Suppose $((\phi_1 \land \phi_2 \land \cdots \land \phi_n \land \phi_{n + 1}) \rightarrow \gamma)$ is true.

Now I don't see how I can use the induction hypothesis to prove this implies $(\phi_1 \rightarrow (\phi_2 \rightarrow (\cdots (\phi_n \rightarrow ( \phi_{n + 1} \rightarrow \gamma)) \cdots )))$.

Does $((\phi_1 \land \phi_2 \land \cdots \land \phi_n \land \phi_{n + 1}) \rightarrow \gamma)$ imply that $((\psi \land \phi_{n + 1}) \rightarrow \gamma)$ because $((\phi_1 \land \phi_2 \land \cdots \land \phi_n) \rightarrow \psi)$ is true by the inductive hypothesis? (I know this is wrong, the inductive hypothesis does not say this must be true)
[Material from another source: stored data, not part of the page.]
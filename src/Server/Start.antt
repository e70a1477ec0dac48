-- ===== src/Server/Start.antt =====
-- main.go: main up to the two calls of ListenAndServe.
mod Tests
pub mod Laws
pub mod Overload
use peakshield.Prelude.{ℕ, Option}
use peakshield.Prelude.Int.{ℤ, pos_part}
use peakshield.Prelude.Bytes.{Bytes}
use peakshield.Prelude.Float.{Float64}
use peakshield.Prelude.Result.{Result, ok, err, ◌>>=◌, map_err}
use peakshield.Config.Parse.{Env}
use peakshield.Config.Load.{Config, LoadError, load}
use peakshield.RateLimiter.Bucket.{rates}
use peakshield.RateLimiter.Limiter
use peakshield.RateLimiter.Limiter.{Limiter}
use peakshield.WaitingRoom.Room.{Limits, Room}
use peakshield.WaitingRoom.Room
use peakshield.WaitingRoom.WaitPage.Estimate.{estimate_wait}
use peakshield.Proxy.Request.{Url}
use peakshield.Proxy.Transport.{ReverseProxy, NewError}
use peakshield.Proxy.Transport
use peakshield.Server.{Setup}
use peakshield.Server.Listen.{HttpServer, proxy_server, metrics_server}

module _ (float : Float64) where
  -- What main has put together when the servers begin to listen.
  pub record App : Type 0 where
    pub cfg : Config float
    pub rl : Limiter float
    pub limits : Limits  -- what the waiting room reads of cfg
    pub wr : Room
    pub prx : ReverseProxy
    pub proxy_server : HttpServer
    pub metrics_server : HttpServer

  -- the two calls of os.Exit(1)
  pub data StartError : Type 0 where
    configuration_failed : (reason : LoadError float) → StartError
    proxy_failed : (reason : NewError) → StartError

  -- ratelimiter.New
  unfoldable pub new_limiter : Config float → Limiter float
  new_limiter c = Limiter.new float (rates float c.rate_limit c.burst_size)

  -- waitingroom.New, whose channel has QueueSize places
  unfoldable pub limits_of : Config float → Limits
  limits_of c = record { max_concurrent = c.max_concurrent; queue_size = pos_part c.queue_size }

  -- the modules and the servers, built from the configuration and with the proxy
  abbrev pub assembled : Config float → ReverseProxy → App
  assembled c p = record {
    cfg = c;
    rl = new_limiter c;
    limits = limits_of c;
    wr = Room.new;
    prx = p;
    proxy_server = proxy_server float c;
    metrics_server = metrics_server float c;
  }

  -- `parse_duration` and `parse_url` stand for time.ParseDuration and url.Parse.
  unfoldable pub start : (Bytes → Option ℤ) → (Bytes → Option Url) → Env → Result StartError App
  start parse_duration parse_url env = do
    c ← map_err configuration_failed (load float parse_duration env)
    p ← map_err proxy_failed (Transport.new float parse_url c)
    ok (assembled c p)

  -- What the handlers read of it; `reparse` and `detect` are the functions of other packages.
  abbrev pub setup_of : (Url → Option Url) → (Bytes → Bytes) → App → Setup
  setup_of reparse detect a = record {
    target_url = a.prx.target_url;
    target = a.prx.target;
    strip_threshold = a.cfg.strip_threshold;
    estimate = estimate_wait float a.cfg.max_concurrent a.cfg.backend_timeout;
    reparse = reparse;
    detect = detect;
  }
Then we have a conjunction of two formulas, for which we already know $((\psi \land \phi_{n + 1}) \rightarrow \gamma) \rightarrow (\psi \rightarrow (\phi_{n + 1} \rightarrow \gamma))$ by the induction hypothesis. It feels like I am really misunderstanding what is going on.

Answer 1

The answer depends on your initial principles. Perhaps, you can use the following theorems:

• Theorem 1: $\vdash p\rightarrow\left(q\rightarrow p\wedge q\right)$.
• Theorem 2: $\vdash p\rightarrow q,q\rightarrow r\vdash p\rightarrow r$.
• Deduction theorem: If $p_{1},p_{2},...,p_{n}\vdash q$ then $p_{1},p_{2},...,p_{n-1}\vdash p_{n}\rightarrow q$.

First, we prove theorem 3: $p\rightarrow\left(q\rightarrow r\right),r\rightarrow s\vdash p\rightarrow\left(q\rightarrow s\right)$.

1. $p\rightarrow\left(q\rightarrow r\right)$ (premise)
2. $r\rightarrow s$ (premise)
3. $p$ (premise)
4. $q\rightarrow r$ (Modus ponens on lines 1, 3)
5. $q\rightarrow s$ (Th. 2 on lines 4, 2)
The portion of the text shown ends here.